La France souffre aussi d’un déficit commercial persistant. Depuis 2003, elle importe plus qu’elle n’exporte. En 2025, le déficit atteint 85 milliards d’euros, après le record de 160 milliards en 2022. Le solde industriel est négatif de plus de 60 milliards. Les excédents de services (tourisme, luxe, aéronautique) ne suffisent pas à compenser durablement. Le taux de couverture est tombé à 93 %, contre 105 % dans les années 1990. La part de la France dans les exportations mondiales est passée de 5,7 % en 2000 à 2,7 % en 2025. Ce recul tient à la compétitivité-coût (salaires, énergie) et hors coût (innovation insuffisante, petite taille des entreprises, bureaucratie).

La politique économique est devenue un empilement d’urgences contradictoires sans cap clair, évoluant au gré des capacités de blocage. Elle cherche tout à la fois à soutenir la consommation par la dépense publique, l’investissement par la baisse des impôts de production, et la réduction du déficit sans diminuer la dépense — sans y parvenir. Elle veut accélérer la transition énergétique sans compromettre la compétitivité. Cette stratégie d’équilibriste a épuisé l’efficacité de l’action publique.

Les multiplicateurs budgétaires s’affaiblissent. Selon l’OFCE, 1 euro de dépense publique n’ajoute plus que 0,4 euro de PIB, contre 0,8 avant 2020. La politique industrielle reste fragmentée : 25 dispositifs d’aides coexistent, rendant la stratégie de réindustrialisation illisible. 15 milliards d’euros par an de subventions, dispersées, sont octroyés sans effet mesurable sur la productivité.

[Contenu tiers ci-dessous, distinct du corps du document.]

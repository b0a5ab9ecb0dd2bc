-- ===== src/Gather/Holding.antt =====
-- What a gather of lib/tasks/gather.js holds while keys are pressed.
use jambonz_feature_server.Prelude.{
  ℕ, ◌≡◌, refl, sym, ap, ◌∙◌, Bool, true, false, not, ◌&&◌, ◌||◌, some, List, [], ◌∷◌, ◌++◌, ◌==◌,
  ltb, length, append-nil, append_assoc, if◌then◌else◌, Units, if-cases,
}
use jambonz_feature_server.Gather.{
  Settings, Gather, Event, Result, digits, keyed, told, dtmf, bargein_detected, dtmf_num_digits,
  performed, killed_audio, stopped_transcribing, log, at_least, start_timer, kill_audio,
  stop_transcribing, resolve, report, quieten,
}
use jambonz_feature_server.Gather.Events.{is_none, barge, await_digit, prefer_digits}

pub clash : {b : Bool} → b ≡ true → b ≡ false → ⊥
clash t f = cc

-- The results that the action hook was given, oldest first.
abbrev pub result_in : Event → List Result
result_in (performed r) = r ∷ []
result_in _ = []

unfoldable pub results_in : List Event → List Result
results_in [] = []
results_in (e ∷ es) = result_in e ++ results_in es

pub results_in-append :
    (e : Event) (es : List Event) → results_in (es ++ e ∷ []) ≡ results_in es ++ result_in e
unfolding results_in
results_in-append e [] = append-nil (result_in e)
results_in-append e (x ∷ es) =
    ap (λ r. result_in x ++ r) (results_in-append e es)
    ∙ sym (append_assoc (result_in x) (results_in es) (result_in e))

-- The gather hears keys, with these digits held and these results given to the action hook.
abbrev pub Holds : Bool → Units → List Result → Gather → Type 0
Holds done held rs g =
    (g.hears_dtmf ≡ true)
    × (g.resolved ≡ done)
    × (g.call_gone ≡ false)
    × (g.digit_buffer ≡ held)
    × (results_in g.out ≡ rs)

module _ (done : Bool) (held : Units) (rs : List Result) where
  pub log-Holds :
      (e : Event) (g : Gather)
      → result_in e ≡ []
      → Holds done held rs g
      → Holds done held rs (log e g)
  log-Holds e g q (h, r, c, b, o) = (
    h,
    r,
    c,
    b,
    results_in-append e g.out
        ∙ ap (λ s. results_in g.out ++ s) q
        ∙ append-nil (results_in g.out)
        ∙ o,
  )

  pub start_timer-Holds :
      (o : Settings) (g : Gather) → Holds done held rs g → Holds done held rs (start_timer o g)
  unfolding start_timer
  start_timer-Holds o g h = if-cases (Holds done held rs) (o.timeout == 0) _ _ (λ _. h) (λ _. h)

  pub kill_audio-Holds :
      (o : Settings) (g : Gather) → Holds done held rs g → Holds done held rs (kill_audio o g)
  unfolding kill_audio
  kill_audio-Holds o g h =
      if-cases (Holds done held rs) (not g.say_task && not g.play_task && o.bargein) _ _
        (λ _.
          if-cases (Holds done held rs) (g.ep_connected && not g.play_complete) _ _
            (λ _. log-Holds killed_audio (record g { play_complete = true }) refl h) (λ _. h))
        (λ _.
          if-cases (Holds done held rs) (g.say_task || g.play_task) _ _
            (λ _.
              log-Holds killed_audio
                (record g { say_task = false; play_task = false; play_complete = true }) refl h)
            (λ _. h))

  pub barge-Holds :
      (o : Settings) (d : ℕ) (g : Gather) → Holds done held rs g → Holds done held rs (barge o d g)
  barge-Holds o d g h =
      let heard : Gather = if g.play_complete then g else log bargein_detected g in
      let kept : Holds done held rs heard =
        if-cases (Holds done held rs) g.play_complete _ _ (λ _. h)
          (λ _. log-Holds bargein_detected g refl h) in
      if-cases (Holds done held rs) o.dtmf_bargein _ _
        (λ _. log-Holds (dtmf d) (kill_audio o heard) refl (kill_audio-Holds o heard kept)) (λ _. h)

  pub prefer_digits-Holds :
      (o : Settings) (g : Gather) → Holds done held rs g → Holds done held rs (prefer_digits o g)
  prefer_digits-Holds o g h =
      if-cases (Holds done held rs) (is_none g.digit_buffer && o.needs_stt) _ _
        (λ _.
          log-Holds stopped_transcribing (record g { hears_speech = false; asr_timer = false }) refl
            h)
        (λ _. h)

  pub await_digit-Holds :
      (o : Settings) (g : Gather) → Holds done held rs g → Holds done held rs (await_digit o g)
  unfolding await_digit
  await_digit-Holds o g h =
      if-cases (Holds done held rs)
        (ltb 0 o.inter_digit_timeout && at_least (length g.digit_buffer) o.min_digits) _ _ (λ _. h)
        (λ _. h)

-- What a full buffer leads to.
module _ (o : Settings) (alone : o.has_parent ≡ false) (held : Units) (rs : List Result) where
  performed-digits :
      (g : Gather)
      → results_in g.out ≡ rs
      → results_in (log (performed (digits held)) g).out ≡ rs ++ digits held ∷ []
  performed-digits g e =
      results_in-append (performed (digits held)) g.out ∙ ap (λ s. s ++ digits held ∷ []) e

  report-digits :
      (g : Gather)
      → g.call_gone ≡ false
      → results_in g.out ≡ rs
      → results_in (report o (some (digits held)) g).out ≡ rs ++ digits held ∷ []
  unfolding report
  report-digits g c e =
      let once : Gather = log (told keyed) g in
      rw (c, alone)
        (performed-digits once
          (results_in-append (told keyed) g.out ∙ append-nil (results_in g.out) ∙ e))

module _ (o : Settings) (alone : o.has_parent ≡ false) (held : Units) (rs : List Result) where
  pub resolve-digits :
      (g : Gather)
      → Holds false held rs g
      → results_in (resolve o dtmf_num_digits [] g).out ≡ rs ++ digits held ∷ []
  unfolding resolve
  resolve-digits g h =
      let stopped : Gather = if o.needs_stt && g.ep_connected then stop_transcribing g else g in
      let kept : Holds false held rs stopped =
        if-cases (Holds false held rs) (o.needs_stt && g.ep_connected) _ _
          (λ _. log-Holds false held rs stopped_transcribing g refl h) (λ _. h) in
      let calm : Gather = record stopped { resolved = true; hears_speech = false } in
      let quiet = kill_audio-Holds true held rs o calm (kept.0, refl, kept.2, kept.3, kept.4) in
      if-cases (λ (k : Gather). results_in k.out ≡ rs ++ digits held ∷ []) g.resolved stopped
        (report o (some (digits g.digit_buffer)) (quieten o stopped)) (λ d. absurd (clash d h.1))
        (λ _.
          report-digits o alone g.digit_buffer rs (quieten o stopped) quiet.2 quiet.4
          ∙ ap (λ b. rs ++ digits b ∷ []) h.3)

La sortie de crise passe par un relèvement de la croissance potentielle. Celui-ci suppose un accroissement du volume de travail, ce qui impliquerait soit une réduction du nombre de jours de congés, soit un allongement du temps de travail. Pour l’heure, ces options sont fermement rejetées. La restauration de la compétitivité et de la productivité exige un effort d’investissement productif privé accru : il devrait passer de 11 % à 13 % du PIB d’ici 2030. La R&D, le numérique et les technologies propres doivent devenir trois priorités.

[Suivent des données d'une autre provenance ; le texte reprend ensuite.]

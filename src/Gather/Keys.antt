-- ===== src/Gather/Keys.antt =====
-- The keys that a gather of lib/tasks/gather.js reports.
use jambonz_feature_server.Prelude.{
  ℕ, ◌+◌, ◌≡◌, ap, ◌∙◌, Bool, true, false, not, ◌&&◌, ◌||◌, none, some, List, [], ◌∷◌, ◌++◌, ◌==◌,
  ltb, length, map, all, all-cons, append_assoc, length-append, if◌then◌else◌, Units, ◌<◌, arith,
  if-cases, and-true,
}
use jambonz_feature_server.Gather.{
  Settings, Gather, Result, digits, dtmf_num_digits, equals, clear_timer, start_timer, resolve,
}
use jambonz_feature_server.Gather.Events.{
  is_none, barge, await_digit, prefer_digits, add_digit, take_digit, on_dtmf,
}
use jambonz_feature_server.Gather.Runs.{step, run, presses}
use jambonz_feature_server.Gather.Holding.{
  clash, results_in, Holds, start_timer-Holds, barge-Holds, prefer_digits-Holds, await_digit-Holds,
  resolve-digits,
}

-- One key, of a gather without a terminator that it could be.
module _ (o : Settings) (d : ℕ) (wants : o.wants_digits ≡ true)
    (single : o.is_continuous_asr ≡ false) (no_finish : equals d o.finish_on_key ≡ false)
    (held : Units) (rs : List Result) where
  take_digit-adds : (P : Gather → Type 0) (k : Gather) → P (add_digit o d k) → P (take_digit o d k)
  unfolding take_digit
  take_digit-adds P k p =
      if-cases P (equals d o.finish_on_key && o.wants_digits) _ _
        (λ t.
          let other = (and-true (equals d o.finish_on_key) o.wants_digits t).0 in
          absurd (clash other no_finish))
        (λ _. if-cases P o.wants_digits _ _ (λ _. p) (λ n. absurd (clash wants n)))

  -- Whatever adding the digit leads to, the key leads to.
  presses-adds :
      (P : Gather → Type 0)
      → ((k : Gather) → Holds false held rs k → P (add_digit o d k))
      → (g : Gather) → Holds false held rs g
      → P (step o (presses d) g)
  unfolding step on_dtmf
  presses-adds P p g h =
      let timed : Gather = if not g.timeout_timer && ltb 0 o.timeout then start_timer o g else g in
      let t : Holds false held rs timed =
        if-cases (Holds false held rs) (not g.timeout_timer && ltb 0 o.timeout) _ _
          (λ _. start_timer-Holds false held rs o g h) (λ _. h) in
      let quiet : Gather = record timed { inter_digit_timer = false } in
      let barged : Gather = barge o d quiet in
      let kept : Holds false held rs barged = barge-Holds false held rs o d quiet t in
      if-cases P g.hears_dtmf (on_dtmf o d g) g
        (λ _.
          if-cases P
            (o.is_continuous_asr
              && equals d o.asr_dtmf_termination_digit
              && not (is_none g.buffered_transcripts))
            (record (clear_timer barged) { asr_timer = false; final_asr_timer = true })
            (take_digit o d barged) (λ c. absurd (clash (continuous c) single))
            (λ _. take_digit-adds P barged (p barged kept)))
        (λ n. absurd (clash h.0 n))
    where
      continuous :
          (o.is_continuous_asr
              && equals d o.asr_dtmf_termination_digit
              && not (is_none g.buffered_transcripts))
            ≡ true
          → o.is_continuous_asr ≡ true
      continuous c =
          (and-true o.is_continuous_asr (equals d o.asr_dtmf_termination_digit)
            (and-true (o.is_continuous_asr && equals d o.asr_dtmf_termination_digit)
              (not (is_none g.buffered_transcripts)) c).0).0

  abbrev fills : Units → Bool
  fills held = equals (length held) o.num_digits || equals (length held) o.max_digits

  add_digit-Holds :
      fills (held ++ d ∷ []) ≡ false
      → (k : Gather) → Holds false held rs k
      → Holds false (held ++ d ∷ []) rs (add_digit o d k)
  unfolding add_digit
  add_digit-Holds more k h =
      let first : Gather = prefer_digits o k in
      let f : Holds false held rs first = prefer_digits-Holds false held rs o k h in
      let added : Gather = record first { digit_buffer = k.digit_buffer ++ d ∷ [] } in
      let a : Holds false (held ++ d ∷ []) rs added =
        (f.0, f.1, f.2, ap (λ b. b ++ d ∷ []) h.3, f.4) in
      if-cases (Holds false (held ++ d ∷ []) rs) (fills added.digit_buffer)
        (resolve o dtmf_num_digits [] added) (await_digit o added)
        (λ t. absurd (clash t (ap fills a.3 ∙ more)))
        (λ _. await_digit-Holds false (held ++ d ∷ []) rs o added a)

  add_digit-told :
      o.has_parent ≡ false
      → fills (held ++ d ∷ []) ≡ true
      → (k : Gather) → Holds false held rs k
      → results_in (add_digit o d k).out ≡ rs ++ digits (held ++ d ∷ []) ∷ []
  unfolding add_digit
  add_digit-told alone full k h =
      let first : Gather = prefer_digits o k in
      let f : Holds false held rs first = prefer_digits-Holds false held rs o k h in
      let added : Gather = record first { digit_buffer = k.digit_buffer ++ d ∷ [] } in
      let a : Holds false (held ++ d ∷ []) rs added =
        (f.0, f.1, f.2, ap (λ b. b ++ d ∷ []) h.3, f.4) in
      if-cases (λ (g : Gather). results_in g.out ≡ rs ++ digits (held ++ d ∷ []) ∷ [])
        (fills added.digit_buffer) (resolve o dtmf_num_digits [] added) (await_digit o added)
        (λ _. resolve-digits o alone (held ++ d ∷ []) rs added a)
        (λ n. absurd (clash (ap fills a.3 ∙ full) n))

not_finish :
    (o : Settings) (d : ℕ)
    → not (equals d o.finish_on_key) ≡ true
    → equals d o.finish_on_key ≡ false
not_finish o d h = ground arith

module _ (o : Settings) (n : ℕ) (wants : o.wants_digits ≡ true)
    (single : o.is_continuous_asr ≡ false) (num : o.num_digits ≡ some n) (max : o.max_digits ≡ none)
    (alone : o.has_parent ≡ false) where
  fills_at :
      (d : ℕ) (held : Units) (b : Bool)
      → (length held + 1 == n) ≡ b
      → (equals (length (held ++ d ∷ [])) o.num_digits
          || equals (length (held ++ d ∷ [])) o.max_digits)
        ≡ b
  fills_at d held b e = rw (num, max) (rw (length-append held (d ∷ [])) (ground (arith, e)))

  -- Take a gather without a parent task that wants `numDigits` digits, without a maximum or
  -- continuous recognition, that hears keys, is not resolved, holds fewer digits, and whose call is
  -- not gone. Where the keys pressed, none of them the finish key, are as many as are missing, the
  -- results given to the action hook are those before and one more, with the digits held before and
  -- the keys, in order.
  pub keys_reported :
      (ks held : Units) (rs : List Result) (g : Gather)
      → all (λ d. not (equals d o.finish_on_key)) ks ≡ true
      → length held + length ks ≡ n
      → length held < n
      → Holds false held rs g
      → results_in (run o (map presses ks) g).out ≡ rs ++ digits (held ++ ks) ∷ []
  unfolding run
  keys_reported [] held rs g f l lt h = absurd (omega arith)
  keys_reported (d ∷ []) held rs g f l lt h =
      let other = not_finish o d (all-cons (λ d. not (equals d o.finish_on_key)) d [] f).0 in
      presses-adds o d wants single other held rs
        (λ (k : Gather). results_in k.out ≡ rs ++ digits (held ++ d ∷ []) ∷ [])
        (add_digit-told o d wants single other held rs alone (fills_at d held true (ground arith)))
        g h
  keys_reported (d ∷ e ∷ ks) held rs g f l lt h =
      let (first, rest) = all-cons (λ d. not (equals d o.finish_on_key)) d (e ∷ ks) f in
      let other = not_finish o d first in
      let next : Holds false (held ++ d ∷ []) rs (step o (presses d) g) =
        presses-adds o d wants single other held rs (Holds false (held ++ d ∷ []) rs)
          (add_digit-Holds o d wants single other held rs (fills_at d held false (ground arith))) g
          h in
      keys_reported (e ∷ ks) (held ++ d ∷ []) rs (step o (presses d) g) rest
        (omega (arith, length-append held (d ∷ []))) (omega (arith, length-append held (d ∷ [])))
        next
      ∙ ap (λ b. rs ++ digits b ∷ []) (append_assoc held (d ∷ []) (e ∷ ks))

Les pouvoirs publics devraient stabiliser les dépenses sociales en volume, alors qu’elles ont crû de +7,6 % depuis 2019. Le gouvernement devrait viser un retour du déficit public à 2 % du PIB afin de stabiliser la dette. Un véritable programme de simplification doit être engagé : aujourd’hui, plus de 400 000 normes s’appliquent aux entreprises. La France conserve des atouts — démographie moins dégradée que la moyenne de la zone euro, épargne abondante, infrastructures de qualité, secteurs dynamiques (aéronautique, défense, banques, assurances, tourisme) — mais ils ne suffisent plus à compenser ses faiblesses structurelles. Pour échapper à un déclin de plus en plus prégnant et à l’étau de la dette publique, la France doit se réconcilier avec la production et le risque.